Addiction Treatment Center. We can find out the point of time " early 18th century " at paragraph F, line 5 with the sentence " Tea was relatively expensive until Britain started direct trade with China in the early 18th century. By bb. You can pass through a special passage leading to the platform for trains on the next line you plan to take. Apostolic succession is the line of bishops stretching back to the apostles. D2 — Data input 2. And if you're considering reading "Passage," don't read the Wikipedia article about it first; that article includes in passing a spoiler for the most significant plot twist in the book, about three-quarters of the way through the tale.

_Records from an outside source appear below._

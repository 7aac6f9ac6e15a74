-- ===== src/Crc16/Examples.antt =====
-- Runs of the checksum, and its theorems at concrete inputs. The messages are the status messages
-- for which nugget/include/application.h gives checksums.
use platform_external_nos_ho.Base.{ℕ, ◌≡◌, ◌≢◌, refl, List, [], ◌∷◌, arith, get_or}
use platform_external_nos_ho.Crc16.{crc16_table, crc16_update, crc16}
use platform_external_nos_ho.Crc16.Division.{divide_bits, table-divide_bits}
use platform_external_nos_ho.Crc16.Detect.{
  IsNarrow, crc16_update_detects_byte, crc16_update_misses_burst, crc16_update-IsNarrow,
}

abbrev idle : List ℕ
idle = 0 ∷ 0 ∷ 0 ∷ 0 ∷ 0 ∷ 0 ∷ 0x10 ∷ 0 ∷ 1 ∷ 0 ∷ 0 ∷ 0 ∷ 0 ∷ 0 ∷ 0 ∷ 0 ∷ []

abbrev working : List ℕ
working = 0 ∷ 0 ∷ 0 ∷ 0 ∷ 0 ∷ 0 ∷ 0x10 ∷ 0 ∷ 1 ∷ 0 ∷ 1 ∷ 0 ∷ 0 ∷ 0 ∷ 0 ∷ 0 ∷ []

-- `STATUS_CRC_FOR_IDLE`
crc16-idle : crc16 idle ≡ 0x54c1
unfolding crc16
crc16-idle = refl

-- `STATUS_CRC_FOR_WORKING`
crc16-working : crc16 working ≡ 0x2101
unfolding crc16
crc16-working = refl

-- The reading of the comment in crc16.h, the checksum of the second part first, is another number.
crc16_update_order : crc16_update (1 ∷ []) (crc16 (2 ∷ [])) ≢ crc16 (1 ∷ 2 ∷ [])
unfolding crc16
crc16_update_order = omega arith

table-divide_bits_example : get_or crc16_table 200 0 ≡ divide_bits 8 200
table-divide_bits_example = table-divide_bits 200 (omega arith)

crc16_update_detects_byte_example :
    crc16_update (1 ∷ 2 ∷ 9 ∷ 4 ∷ []) 0 ≢ crc16_update (1 ∷ 2 ∷ 8 ∷ 4 ∷ []) 0
crc16_update_detects_byte_example =
    crc16_update_detects_byte (1 ∷ 2 ∷ []) (4 ∷ []) 9 8 0 (omega arith) (omega arith) (omega arith)
      (omega arith) (omega arith)

crc16_update_misses_burst_example :
    crc16_update (1 ∷ 0x0C ∷ 0x05 ∷ 9 ∷ []) 0 ≡ crc16_update (1 ∷ 0 ∷ 0 ∷ 9 ∷ []) 0
crc16_update_misses_burst_example =
    crc16_update_misses_burst (1 ∷ []) (9 ∷ []) 0 0 0 (omega arith) (omega arith) (omega arith)

crc16_update-IsNarrow_example : IsNarrow (crc16_update (1 ∷ 2 ∷ []) 0)
crc16_update-IsNarrow_example = crc16_update-IsNarrow 1 (2 ∷ []) 0 (omega arith) (omega arith)
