-- ===== src/FlashLayout.antt =====
-- nugget/include/flash_layout.h: where the two halves of the flash hold their images.
use platform_external_nos_ho.Base.{ℕ, ◌+◌, ◌*◌, ◌/◌, ◌%◌, ◌≡◌, refl}

abbrev pub citadel_flash_base : ℕ
citadel_flash_base = 0x40000

abbrev pub citadel_flash_size : ℕ
citadel_flash_size = 512 * 1024

abbrev pub citadel_flash_half : ℕ
citadel_flash_half = citadel_flash_size / 2

abbrev pub citadel_ro_size : ℕ
citadel_ro_size = 0x4000

abbrev pub citadel_ro_a_mem_off : ℕ
citadel_ro_a_mem_off = 0

abbrev pub citadel_ro_b_mem_off : ℕ
citadel_ro_b_mem_off = citadel_flash_half

abbrev pub citadel_rw_a_mem_off : ℕ
citadel_rw_a_mem_off = citadel_ro_size

abbrev pub citadel_rw_b_mem_off : ℕ
citadel_rw_b_mem_off = citadel_flash_half + citadel_rw_a_mem_off

abbrev pub dauntless_flash_base : ℕ
dauntless_flash_base = 0x80000

abbrev pub dauntless_flash_size : ℕ
dauntless_flash_size = 1024 * 1024

abbrev pub dauntless_flash_half : ℕ
dauntless_flash_half = dauntless_flash_size / 2

abbrev pub dauntless_ro_size : ℕ
dauntless_ro_size = 0x4000

abbrev pub dauntless_ro_a_mem_off : ℕ
dauntless_ro_a_mem_off = 0

abbrev pub dauntless_ro_b_mem_off : ℕ
dauntless_ro_b_mem_off = dauntless_flash_half

abbrev pub dauntless_rw_a_mem_off : ℕ
dauntless_rw_a_mem_off = dauntless_ro_size

abbrev pub dauntless_rw_b_mem_off : ℕ
dauntless_rw_b_mem_off = dauntless_flash_half + dauntless_rw_a_mem_off

abbrev pub flash_rw_alignment : ℕ
flash_rw_alignment = 0x4000

-- On both chips the two halves follow each other, each with room for its read-only image, and the
-- images that can be written are aligned.
halves_meet :
    (citadel_ro_a_mem_off + citadel_flash_half ≡ citadel_ro_b_mem_off)
    × (dauntless_ro_a_mem_off + dauntless_flash_half ≡ dauntless_ro_b_mem_off)
halves_meet = (refl, refl)

images_aligned :
    (citadel_rw_a_mem_off % flash_rw_alignment ≡ 0)
    × (citadel_rw_b_mem_off % flash_rw_alignment ≡ 0)
    × (dauntless_rw_a_mem_off % flash_rw_alignment ≡ 0)
    × (dauntless_rw_b_mem_off % flash_rw_alignment ≡ 0)
images_aligned = (refl, refl, refl, refl)
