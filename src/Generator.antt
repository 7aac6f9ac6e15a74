-- ===== src/Generator.antt =====
-- libnos/generator/main.cpp: the plugin of the protocol buffer compiler that writes the clients of a service.
pub mod Text
pub mod Descriptor
pub mod Names
pub mod Clients
pub mod Generate
pub mod Method
mod Examples
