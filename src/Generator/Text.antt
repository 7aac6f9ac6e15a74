-- ===== src/Generator/Text.antt =====
-- The text that the generator handles: C++ strings, and what it takes from the protocol buffers' strutil.h.
use Prim.Native.Char.{Char, code}
use platform_external_nos_ho.Base.{
  ℕ, ◌≡◌, refl, ◌≢◌, List, [], ◌∷◌, Bool, false, ◌||◌, ◌==◌, Option, none, some,
}
pub use Prim.Native.String.{String, ◌++◌ as ◌<>◌}

-- `SplitStringUsing` and `Split`, `JoinStrings`, `StripSuffixString`, and `std::to_string`.
pub record StrUtil : Type 0 where
  pub split_string_using : String → String → List String
  pub split : String → String → List String
  pub join_strings : List String → String → String
  pub strip_suffix_string : String → String → String
  pub to_string : ℕ → String

-- Whether a character occurs in a text.
abbrev pub occurs : Char → String → Bool
occurs c String.[] = false
occurs c (String.◌∷◌ e s) = (code c == code e) || occurs c s

-- A piece between two delimiters: it is not empty, and has none in it.
pub record IsPiece (delimiter : Char) (s : String) : Type 0 where
  pub not_empty : s ≢ ""
  pub unbroken : occurs delimiter s ≡ false

-- What splitting at a character gives, as strutil.h documents it.
pub record IsSplit (split : String → String → List String) : Type 0 where
  pub of_piece : (c : Char) (s : String) → IsPiece c s → split s (String.◌∷◌ c "") ≡ s ∷ []
  pub of_piece_first :
      (c : Char) (s rest : String)
      → IsPiece c s
      → split (s <> String.◌∷◌ c "" <> rest) (String.◌∷◌ c "") ≡ s ∷ split rest (String.◌∷◌ c "")

-- What strutil.h documents of these functions.
pub record IsStrUtil (u : StrUtil) : Type 0 where
  pub split_string_using_splits : IsSplit u.split_string_using
  pub split_splits : IsSplit u.split
  pub join_none : (d : String) → u.join_strings [] d ≡ ""
  pub join_one : (s d : String) → u.join_strings (s ∷ []) d ≡ s
  pub join_more :
      (s t d : String) (rest : List String)
      → u.join_strings (s ∷ t ∷ rest) d ≡ s <> d <> u.join_strings (t ∷ rest) d
  pub strip : (s suffix : String) → u.strip_suffix_string (s <> suffix) suffix ≡ s

-- `pop_back` of a vector, which is undefined on an empty one.
abbrev pub pop_back : List String → Option (List String)
pop_back [] = none
pop_back (s ∷ []) = some []
pop_back (s ∷ t ∷ rest) = elim (pop_back (t ∷ rest)) [ none ↦ none | some front ↦ some (s ∷ front) ]

-- `back` of a vector, which is undefined on an empty one.
abbrev pub back : List String → Option String
back [] = none
back (s ∷ []) = some s
back (s ∷ t ∷ rest) = back (t ∷ rest)

-- The C++ monad of a program that may be undefined.
infixl 5 ◌>>=◌
abbrev pub ◌>>=◌ {ℓ κ} : {A : Type ℓ} {B : Type κ} → Option A → (A → Option B) → Option B
none >>= f = none
some a >>= f = f a

pub >>=-eq-some {ℓ κ} :
    {A : Type ℓ} {B : Type κ} (m : Option A) (f : A → Option B) {b : B}
    → (m >>= f) ≡ some b
    → (a : A) × (m ≡ some a) × (f a ≡ some b)
>>=-eq-some none f h = cc
>>=-eq-some (some a) f h = (a, refl, h)
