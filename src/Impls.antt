-- ===== src/Impls.antt =====
-- The list of the sockets and files of a service: `construct` and `destory` of epoll_service.cpp, which are the same in
-- iocp_service.cpp, and which the constructor and the destructor of `base_type` call. The lock makes each a single step.
pub mod Linked
pub mod Refine
mod Tests
use jnet_lib.Base.{
  ℕ, ◌≡◌, Bool, true, false, Option, none, some, List, [], ◌∷◌, update, ◌==◌, if◌then◌else◌,
}
use mathlib.Core.List.{Memᴰ}

-- `impl_list_`, and what the objects hold, by their addresses.
pub record Impls : Type 0 where
  pub impl_list : Option ℕ
  pub next : ℕ → Option ℕ
  pub prev : ℕ → Option ℕ

abbrev pub is_at : Option ℕ → ℕ → Bool
is_at none p = false
is_at (some a) p = a == p

-- A store through a pointer, if it is not null.
abbrev pub store_at : Option ℕ → Option ℕ → (ℕ → Option ℕ) → ℕ → Option ℕ
store_at none v f = f
store_at (some q) v f = update f q v

pub construct : ℕ → Impls → Impls
construct p l = record {
  impl_list = some p;
  next = update l.next p l.impl_list;
  prev = store_at l.impl_list (some p) (update l.prev p none);
}

pub destory : ℕ → Impls → Impls
destory p l =
    let next = store_at (l.prev p) (l.next p) l.next in
    let prev = store_at (next p) (l.prev p) l.prev in
    record {
      impl_list = if is_at l.impl_list p then l.next p else l.impl_list;
      next = update next p none;
      prev = update prev p none;
    }

-- What the program sees: the objects that live, the last one first.
abbrev pub remove : ℕ → List ℕ → List ℕ
remove p [] = []
remove p (x ∷ xs) = if x == p then remove p xs else x ∷ remove p xs

-- The histories of constructors and destructors, from an empty list, with the objects that live.
pub data Lives : Impls → List ℕ → Type 0 where
  empty : (l : Impls) → l.impl_list ≡ none → Lives l []
  constructs :
      {l : Impls} {xs : List ℕ} (p : ℕ)
      → Lives l xs
      → (Memᴰ p xs → ⊥)
      → Lives (construct p l) (p ∷ xs)
  destroys :
      {l : Impls} {xs : List ℕ} (p : ℕ) → Lives l xs → Memᴰ p xs → Lives (destory p l) (remove p xs)
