-- ===== src/Impls/Linked.antt =====
-- Doubly linked lists, and what the pointers of their objects say of each other.
use jnet_lib.Base.{
  ℕ, ◌≡◌, ◌≢◌, refl, sym, ◌∙◌, subst, Option, none, some, List, [], ◌∷◌, inl, inr, ◌⊎◌,
}
use mathlib.Core.List.{Memᴰ}

-- From `h` on, behind `b`, the objects `xs`.
abbrev pub Linked : (next prev : ℕ → Option ℕ) → (b h : Option ℕ) → List ℕ → Type 0
Linked next prev b h [] = h ≡ none
Linked next prev b h (x ∷ xs) = (h ≡ some x) × (prev x ≡ b) × Linked next prev (some x) (next x) xs

abbrev pub Distinct : List ℕ → Type 0
Distinct [] = Unit
Distinct (x ∷ xs) = (Memᴰ x xs → ⊥) × Distinct xs

pub Linked-ext :
    (f g f' g' : ℕ → Option ℕ) (b h : Option ℕ) (xs : List ℕ)
    → ((x : ℕ) → Memᴰ x xs → f x ≡ g x)
    → ((x : ℕ) → Memᴰ x xs → f' x ≡ g' x)
    → Linked f f' b h xs
    → Linked g g' b h xs
Linked-ext f g f' g' b h [] a a' l = l
Linked-ext f g f' g' b h (x ∷ xs) a a' (e, p, l) = (
  e,
  sym (a' x (Memᴰ.head refl)) ∙ p,
  subst (λ n. Linked g g' (some x) n xs) (a x (Memᴰ.head refl))
      (Linked-ext f g f' g' (some x) (f x) xs (λ y m. a y (Memᴰ.tail m)) (λ y m. a' y (Memᴰ.tail m))
        l),
)

module _ (next prev : ℕ → Option ℕ) where
  -- The successor of an object is one, and points back to it.
  pub next-prev :
      (b h : Option ℕ) (xs : List ℕ)
      → Linked next prev b h xs
      → (x y : ℕ) → Memᴰ x xs
      → next x ≡ some y
      → prev y ≡ some x
  next-prev b h [] l z y m n = elim m [ ]
  next-prev b h (x ∷ []) (e, p, l) z y (Memᴰ.head d) n = absurd (cc (d, n, l))
  next-prev b h (x ∷ y' ∷ ys) (e, p, l) z y (Memᴰ.head d) n = cc (d, n, l.0, l.1)
  next-prev b h (x ∷ xs) (e, p, l) z y (Memᴰ.tail m) n = next-prev (some x) (next x) xs l z y m n

  pub prev-next :
      (b h : Option ℕ) (xs : List ℕ)
      → Linked next prev b h xs
      → (y q : ℕ) → Memᴰ y xs
      → prev y ≡ some q
      → ((b ≡ some q) × (h ≡ some y)) ⊎ (next q ≡ some y)
  prev-next b h [] l y q m n = elim m [ ]
  prev-next b h (x ∷ xs) (e, p, l) y q (Memᴰ.head d) n = inl (cc (d, n, p), cc (e, d))
  prev-next b h (x ∷ xs) (e, p, l) y q (Memᴰ.tail m) n =
      elim (prev-next (some x) (next x) xs l y q m n) [
        | inl (s, t) ↦ inr (cc (s, t))
        | inr t ↦ inr t
      ]

  -- No object follows itself.
  pub next-ne :
      (b h : Option ℕ) (xs : List ℕ)
      → Linked next prev b h xs
      → Distinct xs
      → (x : ℕ) → Memᴰ x xs
      → next x ≢ some x
  next-ne b h [] l d z m n = elim m [ ]
  next-ne b h (x ∷ []) (e, p, l) d z (Memᴰ.head q) n = cc (q, n, l)
  next-ne b h (x ∷ y ∷ ys) (e, p, l) (o, d) z (Memᴰ.head q) n = o (Memᴰ.head (cc (q, n, l.0)))
  next-ne b h (x ∷ xs) (e, p, l) (o, d) z (Memᴰ.tail m) n = next-ne (some x) (next x) xs l d z m n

Lana Pollack. The line in the middle of the Bible text means that you enabled the parallel Bible reading mode. Why do you think that is? Is there a common theme in the book to which everyone can relate?Connecticut History. In the Catalase Enzyme Lab Report had a choice of five daily papers - from the Socialist Dziennik Ludowy [People's daily] What Is Greed In A Christmas Carol to the Polish Roman Catholic Union's Dziennik Catalase Enzyme Lab Report [Union daily] Catalase Enzyme Lab Report - all of which supported archimedes of syracuse struggles for What Is Greed In A Christmas Carol working conditions and were part of a broader program of Clinical Nurse Specialist Case Study and educational activities. Manzarek called Pamela "Jim's other half" and Clinical Nurse Specialist Case Study, "I never knew another person who could so complement his bizarreness.